* Problem statement
Please return every line of the records below that holds the word "each".

:::::

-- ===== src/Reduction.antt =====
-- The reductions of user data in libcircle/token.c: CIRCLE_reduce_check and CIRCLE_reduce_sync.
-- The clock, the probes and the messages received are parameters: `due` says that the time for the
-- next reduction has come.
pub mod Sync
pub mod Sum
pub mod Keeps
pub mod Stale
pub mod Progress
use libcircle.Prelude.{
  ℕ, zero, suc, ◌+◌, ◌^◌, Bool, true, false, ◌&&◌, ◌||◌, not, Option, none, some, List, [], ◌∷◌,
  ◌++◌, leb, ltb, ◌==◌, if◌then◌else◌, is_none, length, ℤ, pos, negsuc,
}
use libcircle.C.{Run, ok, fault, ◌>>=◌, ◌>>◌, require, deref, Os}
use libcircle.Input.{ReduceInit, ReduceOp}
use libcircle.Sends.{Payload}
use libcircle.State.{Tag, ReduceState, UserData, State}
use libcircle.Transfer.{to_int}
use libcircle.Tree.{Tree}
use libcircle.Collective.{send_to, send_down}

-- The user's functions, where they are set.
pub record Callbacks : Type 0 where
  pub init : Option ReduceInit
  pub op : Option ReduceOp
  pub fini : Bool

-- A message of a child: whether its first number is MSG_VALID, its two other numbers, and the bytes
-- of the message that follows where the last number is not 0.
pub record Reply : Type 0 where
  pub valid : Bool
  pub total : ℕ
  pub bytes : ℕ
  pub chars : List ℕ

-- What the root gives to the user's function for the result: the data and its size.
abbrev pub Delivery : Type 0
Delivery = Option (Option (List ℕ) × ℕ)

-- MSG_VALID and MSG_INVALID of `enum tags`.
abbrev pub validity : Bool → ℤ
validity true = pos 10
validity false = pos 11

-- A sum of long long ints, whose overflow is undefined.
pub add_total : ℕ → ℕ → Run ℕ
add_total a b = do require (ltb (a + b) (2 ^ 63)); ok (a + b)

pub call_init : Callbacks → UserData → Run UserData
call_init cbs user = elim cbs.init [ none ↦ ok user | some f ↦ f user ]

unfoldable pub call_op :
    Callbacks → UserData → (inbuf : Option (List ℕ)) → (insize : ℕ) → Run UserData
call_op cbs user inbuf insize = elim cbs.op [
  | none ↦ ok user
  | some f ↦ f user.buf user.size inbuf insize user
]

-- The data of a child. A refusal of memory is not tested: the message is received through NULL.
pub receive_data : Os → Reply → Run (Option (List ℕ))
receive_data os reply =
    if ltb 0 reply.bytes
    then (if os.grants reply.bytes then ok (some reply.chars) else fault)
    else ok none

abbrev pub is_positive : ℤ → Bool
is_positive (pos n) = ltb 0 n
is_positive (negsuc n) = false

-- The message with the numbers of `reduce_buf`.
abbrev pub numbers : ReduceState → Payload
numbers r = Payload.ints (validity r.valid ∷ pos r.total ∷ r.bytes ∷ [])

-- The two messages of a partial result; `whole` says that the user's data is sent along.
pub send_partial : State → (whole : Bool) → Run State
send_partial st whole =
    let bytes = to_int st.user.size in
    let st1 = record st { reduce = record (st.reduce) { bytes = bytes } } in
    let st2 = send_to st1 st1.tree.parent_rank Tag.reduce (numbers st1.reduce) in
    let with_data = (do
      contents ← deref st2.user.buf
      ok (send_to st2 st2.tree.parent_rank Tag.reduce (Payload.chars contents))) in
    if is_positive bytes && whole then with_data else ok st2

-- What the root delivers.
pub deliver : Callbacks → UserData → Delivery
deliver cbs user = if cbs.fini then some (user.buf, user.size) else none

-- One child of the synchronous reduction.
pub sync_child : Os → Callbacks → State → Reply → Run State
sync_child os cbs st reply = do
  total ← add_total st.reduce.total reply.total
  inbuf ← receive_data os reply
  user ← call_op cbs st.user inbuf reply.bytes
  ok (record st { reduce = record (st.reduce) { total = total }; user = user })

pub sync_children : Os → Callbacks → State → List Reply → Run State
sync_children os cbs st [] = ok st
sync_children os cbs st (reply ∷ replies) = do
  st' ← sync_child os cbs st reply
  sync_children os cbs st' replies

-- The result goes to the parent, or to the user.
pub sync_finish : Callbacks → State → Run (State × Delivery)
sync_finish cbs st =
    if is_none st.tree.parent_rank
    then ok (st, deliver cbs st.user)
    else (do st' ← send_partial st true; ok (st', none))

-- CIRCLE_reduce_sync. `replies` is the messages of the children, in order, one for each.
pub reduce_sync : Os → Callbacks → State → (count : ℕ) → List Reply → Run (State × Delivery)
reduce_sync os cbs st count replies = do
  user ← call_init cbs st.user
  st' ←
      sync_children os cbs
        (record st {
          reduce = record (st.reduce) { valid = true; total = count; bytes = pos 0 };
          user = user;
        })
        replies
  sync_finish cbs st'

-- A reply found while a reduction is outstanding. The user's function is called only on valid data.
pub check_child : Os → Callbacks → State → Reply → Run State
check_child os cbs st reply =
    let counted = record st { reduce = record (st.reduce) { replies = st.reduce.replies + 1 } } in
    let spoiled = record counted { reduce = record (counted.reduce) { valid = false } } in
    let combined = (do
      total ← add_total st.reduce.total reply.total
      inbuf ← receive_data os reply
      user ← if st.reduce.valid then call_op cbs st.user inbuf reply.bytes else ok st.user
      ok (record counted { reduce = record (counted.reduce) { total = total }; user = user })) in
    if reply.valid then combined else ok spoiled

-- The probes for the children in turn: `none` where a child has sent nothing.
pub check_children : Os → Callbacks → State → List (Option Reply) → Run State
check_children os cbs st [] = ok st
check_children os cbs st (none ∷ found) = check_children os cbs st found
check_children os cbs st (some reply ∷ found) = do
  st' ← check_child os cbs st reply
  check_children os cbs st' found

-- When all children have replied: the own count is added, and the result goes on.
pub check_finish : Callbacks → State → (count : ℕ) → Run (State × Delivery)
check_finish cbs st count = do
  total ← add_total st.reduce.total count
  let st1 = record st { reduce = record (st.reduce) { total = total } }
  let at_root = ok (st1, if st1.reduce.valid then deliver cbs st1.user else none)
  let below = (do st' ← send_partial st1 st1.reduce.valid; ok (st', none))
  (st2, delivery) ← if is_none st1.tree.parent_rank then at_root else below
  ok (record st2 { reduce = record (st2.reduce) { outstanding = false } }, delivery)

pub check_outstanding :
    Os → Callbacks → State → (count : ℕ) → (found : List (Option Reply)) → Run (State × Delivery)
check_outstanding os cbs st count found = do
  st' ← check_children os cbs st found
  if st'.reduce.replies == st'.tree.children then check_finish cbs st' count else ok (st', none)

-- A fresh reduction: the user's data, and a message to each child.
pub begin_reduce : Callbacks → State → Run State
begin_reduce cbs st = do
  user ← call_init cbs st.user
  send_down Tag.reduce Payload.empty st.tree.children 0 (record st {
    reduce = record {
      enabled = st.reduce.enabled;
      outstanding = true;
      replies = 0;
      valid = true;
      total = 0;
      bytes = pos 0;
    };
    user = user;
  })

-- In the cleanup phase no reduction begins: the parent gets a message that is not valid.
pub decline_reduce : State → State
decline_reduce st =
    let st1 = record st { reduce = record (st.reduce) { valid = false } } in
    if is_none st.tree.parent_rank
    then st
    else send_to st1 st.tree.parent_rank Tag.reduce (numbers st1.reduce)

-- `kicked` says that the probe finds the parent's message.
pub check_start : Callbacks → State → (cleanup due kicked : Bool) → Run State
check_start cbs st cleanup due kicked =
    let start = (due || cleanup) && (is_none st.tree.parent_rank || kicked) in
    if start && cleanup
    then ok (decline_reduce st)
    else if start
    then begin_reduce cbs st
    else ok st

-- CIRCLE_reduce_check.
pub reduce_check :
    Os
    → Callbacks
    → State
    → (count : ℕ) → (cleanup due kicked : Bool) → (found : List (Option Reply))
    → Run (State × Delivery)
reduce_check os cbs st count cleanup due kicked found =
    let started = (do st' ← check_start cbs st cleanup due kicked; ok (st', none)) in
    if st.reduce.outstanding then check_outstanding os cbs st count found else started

:::::

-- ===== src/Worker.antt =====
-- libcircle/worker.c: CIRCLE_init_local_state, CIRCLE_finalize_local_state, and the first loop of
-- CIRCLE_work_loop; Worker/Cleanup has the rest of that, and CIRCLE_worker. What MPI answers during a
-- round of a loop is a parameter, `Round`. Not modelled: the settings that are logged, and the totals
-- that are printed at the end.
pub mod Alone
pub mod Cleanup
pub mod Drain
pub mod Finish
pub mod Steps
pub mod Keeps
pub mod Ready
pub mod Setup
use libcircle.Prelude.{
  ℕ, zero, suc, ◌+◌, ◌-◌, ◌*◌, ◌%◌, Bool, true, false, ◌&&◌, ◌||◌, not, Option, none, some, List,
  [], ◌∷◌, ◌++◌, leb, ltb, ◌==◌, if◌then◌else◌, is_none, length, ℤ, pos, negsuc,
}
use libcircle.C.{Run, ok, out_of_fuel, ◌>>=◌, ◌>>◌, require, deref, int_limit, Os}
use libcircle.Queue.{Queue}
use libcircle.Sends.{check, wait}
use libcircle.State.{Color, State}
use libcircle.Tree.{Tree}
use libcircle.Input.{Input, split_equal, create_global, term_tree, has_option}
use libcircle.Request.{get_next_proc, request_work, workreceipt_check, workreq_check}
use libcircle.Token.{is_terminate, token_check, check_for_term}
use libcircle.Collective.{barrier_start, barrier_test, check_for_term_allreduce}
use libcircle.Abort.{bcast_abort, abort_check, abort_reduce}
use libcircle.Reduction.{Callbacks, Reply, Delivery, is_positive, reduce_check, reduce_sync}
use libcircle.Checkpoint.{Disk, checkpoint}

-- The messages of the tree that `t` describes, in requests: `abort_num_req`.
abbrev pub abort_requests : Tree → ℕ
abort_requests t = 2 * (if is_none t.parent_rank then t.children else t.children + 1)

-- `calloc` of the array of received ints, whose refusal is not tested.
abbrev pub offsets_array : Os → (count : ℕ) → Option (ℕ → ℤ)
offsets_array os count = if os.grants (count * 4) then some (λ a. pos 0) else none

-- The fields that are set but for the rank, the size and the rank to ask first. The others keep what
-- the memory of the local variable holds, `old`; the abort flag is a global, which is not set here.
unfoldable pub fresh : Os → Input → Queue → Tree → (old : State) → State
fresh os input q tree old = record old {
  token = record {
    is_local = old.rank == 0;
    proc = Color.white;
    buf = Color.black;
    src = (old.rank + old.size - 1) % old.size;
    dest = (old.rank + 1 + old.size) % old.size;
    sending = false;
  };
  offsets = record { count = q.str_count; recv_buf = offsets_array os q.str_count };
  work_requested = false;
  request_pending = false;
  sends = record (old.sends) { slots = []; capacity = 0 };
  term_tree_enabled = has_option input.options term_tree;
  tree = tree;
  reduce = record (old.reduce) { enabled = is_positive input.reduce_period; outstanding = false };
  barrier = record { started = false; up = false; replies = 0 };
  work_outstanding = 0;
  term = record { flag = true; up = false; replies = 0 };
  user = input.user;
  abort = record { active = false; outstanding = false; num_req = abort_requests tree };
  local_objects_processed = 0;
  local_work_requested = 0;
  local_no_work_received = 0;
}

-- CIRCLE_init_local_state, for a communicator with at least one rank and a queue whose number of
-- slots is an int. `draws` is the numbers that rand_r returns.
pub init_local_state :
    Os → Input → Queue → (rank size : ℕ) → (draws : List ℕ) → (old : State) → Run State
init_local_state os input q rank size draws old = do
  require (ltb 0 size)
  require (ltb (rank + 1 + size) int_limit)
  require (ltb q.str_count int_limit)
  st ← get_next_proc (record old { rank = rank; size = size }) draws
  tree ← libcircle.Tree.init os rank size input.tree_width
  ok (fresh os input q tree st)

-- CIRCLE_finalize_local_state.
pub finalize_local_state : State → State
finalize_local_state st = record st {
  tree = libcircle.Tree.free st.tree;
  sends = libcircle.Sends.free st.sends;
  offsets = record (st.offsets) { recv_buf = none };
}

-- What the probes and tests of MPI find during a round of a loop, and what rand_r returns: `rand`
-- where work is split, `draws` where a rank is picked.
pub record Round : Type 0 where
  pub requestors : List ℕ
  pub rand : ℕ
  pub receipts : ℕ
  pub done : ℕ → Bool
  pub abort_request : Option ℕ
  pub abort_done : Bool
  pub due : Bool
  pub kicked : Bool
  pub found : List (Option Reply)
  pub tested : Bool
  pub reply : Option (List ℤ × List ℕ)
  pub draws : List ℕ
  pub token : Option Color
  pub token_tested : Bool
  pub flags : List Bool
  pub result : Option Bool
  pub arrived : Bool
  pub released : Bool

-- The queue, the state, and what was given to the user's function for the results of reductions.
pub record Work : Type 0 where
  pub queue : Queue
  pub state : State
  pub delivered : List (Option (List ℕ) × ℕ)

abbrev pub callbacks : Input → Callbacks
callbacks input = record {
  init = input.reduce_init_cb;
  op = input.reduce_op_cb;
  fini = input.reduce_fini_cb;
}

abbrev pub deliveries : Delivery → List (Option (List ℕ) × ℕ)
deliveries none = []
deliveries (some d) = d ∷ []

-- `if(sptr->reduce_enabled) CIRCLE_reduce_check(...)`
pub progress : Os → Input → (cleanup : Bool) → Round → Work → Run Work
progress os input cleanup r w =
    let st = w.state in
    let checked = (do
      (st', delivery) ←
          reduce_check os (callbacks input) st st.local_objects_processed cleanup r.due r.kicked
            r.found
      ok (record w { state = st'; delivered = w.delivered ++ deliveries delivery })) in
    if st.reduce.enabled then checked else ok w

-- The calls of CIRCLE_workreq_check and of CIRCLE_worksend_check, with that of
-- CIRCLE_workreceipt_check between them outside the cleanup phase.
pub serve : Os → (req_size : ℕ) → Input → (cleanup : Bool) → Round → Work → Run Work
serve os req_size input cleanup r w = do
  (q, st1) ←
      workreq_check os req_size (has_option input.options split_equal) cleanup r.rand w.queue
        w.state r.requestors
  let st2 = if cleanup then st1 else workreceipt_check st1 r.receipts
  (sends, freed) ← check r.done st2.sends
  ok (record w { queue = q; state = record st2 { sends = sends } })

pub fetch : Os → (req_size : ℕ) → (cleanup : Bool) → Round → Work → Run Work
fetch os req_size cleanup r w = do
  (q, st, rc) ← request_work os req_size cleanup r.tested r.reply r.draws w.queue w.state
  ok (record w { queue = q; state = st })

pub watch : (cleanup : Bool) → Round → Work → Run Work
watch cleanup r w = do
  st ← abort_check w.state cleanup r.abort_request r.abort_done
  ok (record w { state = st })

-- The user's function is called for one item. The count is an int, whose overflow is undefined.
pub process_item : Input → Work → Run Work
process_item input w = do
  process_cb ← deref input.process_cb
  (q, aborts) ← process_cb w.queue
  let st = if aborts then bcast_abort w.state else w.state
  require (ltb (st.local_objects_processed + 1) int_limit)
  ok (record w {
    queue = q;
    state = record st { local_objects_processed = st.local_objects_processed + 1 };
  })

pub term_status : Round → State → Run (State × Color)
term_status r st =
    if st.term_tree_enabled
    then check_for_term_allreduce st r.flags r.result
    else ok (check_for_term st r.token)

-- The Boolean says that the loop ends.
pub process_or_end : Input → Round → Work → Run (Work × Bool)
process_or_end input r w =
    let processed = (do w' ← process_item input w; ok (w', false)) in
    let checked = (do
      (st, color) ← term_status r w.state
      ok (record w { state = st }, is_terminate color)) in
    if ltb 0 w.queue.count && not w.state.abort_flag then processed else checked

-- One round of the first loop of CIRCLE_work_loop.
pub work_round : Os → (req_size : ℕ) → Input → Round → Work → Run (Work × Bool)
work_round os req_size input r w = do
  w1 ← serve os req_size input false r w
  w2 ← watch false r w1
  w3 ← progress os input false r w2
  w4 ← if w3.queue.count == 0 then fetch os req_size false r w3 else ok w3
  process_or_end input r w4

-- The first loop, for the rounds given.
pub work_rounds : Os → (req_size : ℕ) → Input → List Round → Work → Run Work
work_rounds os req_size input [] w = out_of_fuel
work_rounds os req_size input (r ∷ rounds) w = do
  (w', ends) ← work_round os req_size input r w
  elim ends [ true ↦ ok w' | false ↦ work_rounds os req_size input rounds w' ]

:::::

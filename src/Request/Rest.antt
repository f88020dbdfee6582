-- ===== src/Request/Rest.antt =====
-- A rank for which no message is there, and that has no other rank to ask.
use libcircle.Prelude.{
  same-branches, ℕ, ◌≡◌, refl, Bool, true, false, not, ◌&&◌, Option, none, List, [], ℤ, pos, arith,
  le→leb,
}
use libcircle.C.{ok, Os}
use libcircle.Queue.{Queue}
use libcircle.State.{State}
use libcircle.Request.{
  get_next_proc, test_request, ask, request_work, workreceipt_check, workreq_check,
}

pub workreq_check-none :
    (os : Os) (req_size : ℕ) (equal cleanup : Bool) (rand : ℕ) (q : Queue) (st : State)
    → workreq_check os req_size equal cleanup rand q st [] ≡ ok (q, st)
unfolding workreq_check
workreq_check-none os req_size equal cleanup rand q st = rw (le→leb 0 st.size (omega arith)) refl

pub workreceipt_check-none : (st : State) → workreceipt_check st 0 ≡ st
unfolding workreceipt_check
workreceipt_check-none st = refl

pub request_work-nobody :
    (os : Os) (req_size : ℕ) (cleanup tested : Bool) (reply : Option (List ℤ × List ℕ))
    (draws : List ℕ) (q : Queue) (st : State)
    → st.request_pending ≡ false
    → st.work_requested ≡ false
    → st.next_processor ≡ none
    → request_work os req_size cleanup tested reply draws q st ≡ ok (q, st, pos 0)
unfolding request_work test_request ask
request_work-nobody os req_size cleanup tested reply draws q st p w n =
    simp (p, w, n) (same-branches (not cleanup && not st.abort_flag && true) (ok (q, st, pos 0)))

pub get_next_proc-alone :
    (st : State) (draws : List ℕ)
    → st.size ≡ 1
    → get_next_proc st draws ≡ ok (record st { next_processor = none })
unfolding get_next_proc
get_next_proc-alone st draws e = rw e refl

:::::

* Solved problem
-- CIRCLE_reduce_sync. `replies` is the messages of the children, in order, one for each.
-- A fresh reduction: the user's data, and a message to each child.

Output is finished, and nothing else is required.